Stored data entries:
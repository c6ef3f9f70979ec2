-- ===== src/Nng/Send/EndToEnd.antt =====
-- kernel/nngcompat.c: a send on a socket and the receive at its peer.
use lugh_os.Base.{
  ℕ, suc, ◌<◌, ltb, if◌then◌else◌, ℤ, pos, negsuc, is_ok, true, false, ◌&&◌, List, [], ◌∷◌, length,
  get_or, set, none, some, ◌≡◌, ◌≢◌, refl, sym, ap, ap₂, subst, ◌∙◌, arith, ==_ne, length-set,
}
use lugh_os.Ipc.{Socket}
use lugh_os.Memory.Blocks.Placed.{IsPlaced}
use lugh_os.Nng.{
  Nng, pair1, queue_at, no_socket, max_sockets, max_queued_msgs, socket_at, socket_valid, is_id,
  speaks, nng_ok,
}
use lugh_os.Nng.Messages.{nng_msg_free}
use lugh_os.Nng.Sockets.{nng_recv}
use lugh_os.Nng.Sockets.Fifo.{IsQueue, waiting, enqueued, enqueued-IsQueue, waiting-enqueued}
use lugh_os.Nng.Sockets.Receive.{set-IsQueueStep, Received, nothing, oldest, nng_recv-Received}
use lugh_os.Nng.Send.{collect_peers, deliver_copy, send_pair, route, nng_send}
use lugh_os.Nng.Messages.Alloc.{IsHeld}
use lugh_os.Nng.Send.Success.{IsRoom, deliver_copy_ok}
use lugh_os.Nng.Send.Delivery.{Delivered, dropped, queued, deliver_copy-Delivered, freed}

is_id-pos : (x : ℤ) (i : ℕ) → is_id x i ≡ true → x ≡ pos i
is_id-pos (pos k) i h = ap pos (ground (arith, h))
is_id-pos (negsuc k) i h = absurd (let z : false ≡ true = h in cc)

route_pair :
    (n : Nng) (id msg : ℕ)
    → speaks (socket_at n id) pair1 ≡ true
    → route n id msg ≡ send_pair n id msg
unfolding route
route_pair n id msg h = let e = is_id-pos (socket_at n id).protocol 1 h in rw e refl

-- A PAIR socket `s`, whose first peer is the socket `d` with an empty queue, and a message that the
-- allocator has given out.
pub record IsPair (n : Nng) (s d : Socket) (id j msg : ℕ) : Type 0 where
  pub sender : socket_valid n s.id ≡ some id
  pub pair : speaks (socket_at n id) pair1 ≡ true
  pub peers : (rest : List ℕ) × (collect_peers n id pair1 ≡ j ∷ rest)
  pub receiver : socket_valid n d.id ≡ some j
  pub queue_known : j < length n.recv_queues
  pub queue : IsQueue (queue_at n j)
  pub empty : (queue_at n j).count ≡ 0
  pub heap : IsPlaced n.heap
  pub held : IsHeld n.heap msg
  pub nonnull : msg ≢ 0

pair_sent :
    (n : Nng) (s d : Socket) (id j msg : ℕ)
    → IsPair n s d id j msg
    → nng_send n s msg ≡ ((deliver_copy n j msg).0, (nng_msg_free (deliver_copy n j msg).1 msg).1)
unfolding nng_send send_pair
pair_sent n s d id j msg v =
    let (rest, peers) = v.peers in
    rw (==_ne msg 0 v.nonnull) (
      rw (v.sender, nng_send)
        (let routed : route n id msg ≡ deliver_copy n j msg =
            route_pair n id msg v.pair
            ∙ rw (peers, ==_ne (suc (length rest)) 0 (λ e. omega (arith, e))) refl in
          rw routed refl))

valid_same :
    (n m : Nng) (x : ℤ) → m.socket_pool ≡ n.socket_pool → socket_valid m x ≡ socket_valid n x
unfolding socket_valid
valid_same n m (pos i) e =
    ap (λ pool. if ltb i max_sockets && is_id (get_or pool i no_socket).id i then some i else none)
      e
valid_same n m (negsuc i) e = refl

head_or : List ℕ → ℕ
head_or [] = 0
head_or (x ∷ xs) = x

-- A receive where one message waits gives that one.
the_one :
    (n : Nng) (j p : ℕ) (out : ℤ × ℕ × Nng)
    → Received n j out
    → waiting (queue_at n j) ≡ p ∷ []
    → (out.0 ≡ nng_ok) × (out.1 ≡ p) × (out.2.msgs ≡ n.msgs)
unfolding head_or
the_one n j p out (nothing n' w k ms) one = absurd (let z : [] ≡ p ∷ [] = sym w ∙ one in cc)
the_one n j p out (oldest x rest n' w _ _ _ k) one = (refl, ap head_or (sym w ∙ one), k)

-- The peer receives a message with the bytes sent.
pub record Arrives (n : Nng) (msg : ℕ) (out : ℤ × ℕ × Nng) : Type 0 where
  pub received : out.0 ≡ nng_ok
  pub same : (out.2.msgs out.1).bytes ≡ (n.msgs msg).bytes

arrives :
    (n n' nf : Nng) (s d : Socket) (id j msg p : ℕ)
    → IsPair n s d id j msg
    → (n'.msgs p).bytes ≡ (n.msgs msg).bytes
    → nf.recv_queues ≡ set n.recv_queues j (enqueued (queue_at n j) p)
    → nf.socket_pool ≡ n.socket_pool
    → nf.msgs ≡ n'.msgs
    → Arrives n msg (nng_recv nf d)
arrives n n' nf s d id j msg p v b rq sp ms =
    let q = queue_at n j in
    let step = set-IsQueueStep n nf j (enqueued q p) v.queue_known rq in
    let few : q.count < max_queued_msgs = omega (arith, v.empty) in
    let one : waiting (queue_at nf j) ≡ p ∷ [] =
      ap waiting step.this ∙ waiting-enqueued q p v.queue few ∙ rw v.empty refl in
    let there =
      nng_recv-Received nf d j (valid_same n nf d.id sp ∙ v.receiver)
        (omega (arith, ap length rq, length-set n.recv_queues j (enqueued q p), v.queue_known))
        (subst IsQueue (sym step.this) (enqueued-IsQueue q p v.queue few)) in
    let (ok, which, kept) = the_one nf j p (nng_recv nf d) there one in
    record {
      received = ok;
      same = ap₂ (λ m x. (m x).bytes) kept which ∙ ap (λ m. (m p).bytes) ms ∙ b;
    }

pair_delivered :
    (n : Nng) (s d : Socket) (id j msg : ℕ) (out : ℤ × Nng)
    → IsPair n s d id j msg
    → Delivered n j msg out
    → out.0 ≡ nng_ok
    → Arrives n msg (nng_recv (nng_msg_free out.1 msg).1 d)
pair_delivered n s d id j msg out v (dropped rv n' bad _ _) ok =
    absurd (let z : true ≡ false = sym (ap is_ok ok) ∙ bad in cc)
pair_delivered n s d id j msg out v (queued p n' b o l rq sp) ok =
    let (h, slots, e) = freed n' msg in
    subst (λ m. Arrives n msg (nng_recv m d)) (sym e)
      (arrives n n' (record n' { heap = h; msg_slots = slots }) s d id j msg p v b rq sp refl)

-- A send on a PAIR socket, where a message can be allocated, the access checks pass and the body
-- is of at most 64 bytes, the block that the copy gets, succeeds, and the receive at its peer, whose queue was empty, gives a message with the
-- bytes sent.
pub nng_recv-nng_send :
    (n : Nng) (s d : Socket) (id j msg : ℕ)
    → IsPair n s d id j msg
    → IsRoom n j msg
    → ((nng_send n s msg).0 ≡ nng_ok) × Arrives n msg (nng_recv (nng_send n s msg).1 d)
nng_recv-nng_send n s d id j msg v r =
    let e = pair_sent n s d id j msg v in
    let ok = deliver_copy_ok n j msg v.heap v.held r in
    (
      ap (λ x. x.0) e ∙ ok,
      subst (λ m. Arrives n msg (nng_recv m d)) (sym (ap (λ x. x.1) e))
          (pair_delivered n s d id j msg (deliver_copy n j msg) v
            (deliver_copy-Delivered n j msg v.heap v.held v.queue r.short) ok),
    )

▶ **WHAT IS NEEDED**
Set down, unchanged, only those lines above that fall between the line with "pub record IsPair" and the line with "pub peers : (rest", the two end lines included.

▶ **ANSWER TO THE EXERCISE**
pub record IsPair (n : Nng) (s d : Socket) (id j msg : ℕ) : Type 0 where
  pub sender : socket_valid n s.id ≡ some id
  pub pair : speaks (socket_at n id) pair1 ≡ true
  pub peers : (rest : List ℕ) × (collect_peers n id pair1 ≡ j ∷ rest)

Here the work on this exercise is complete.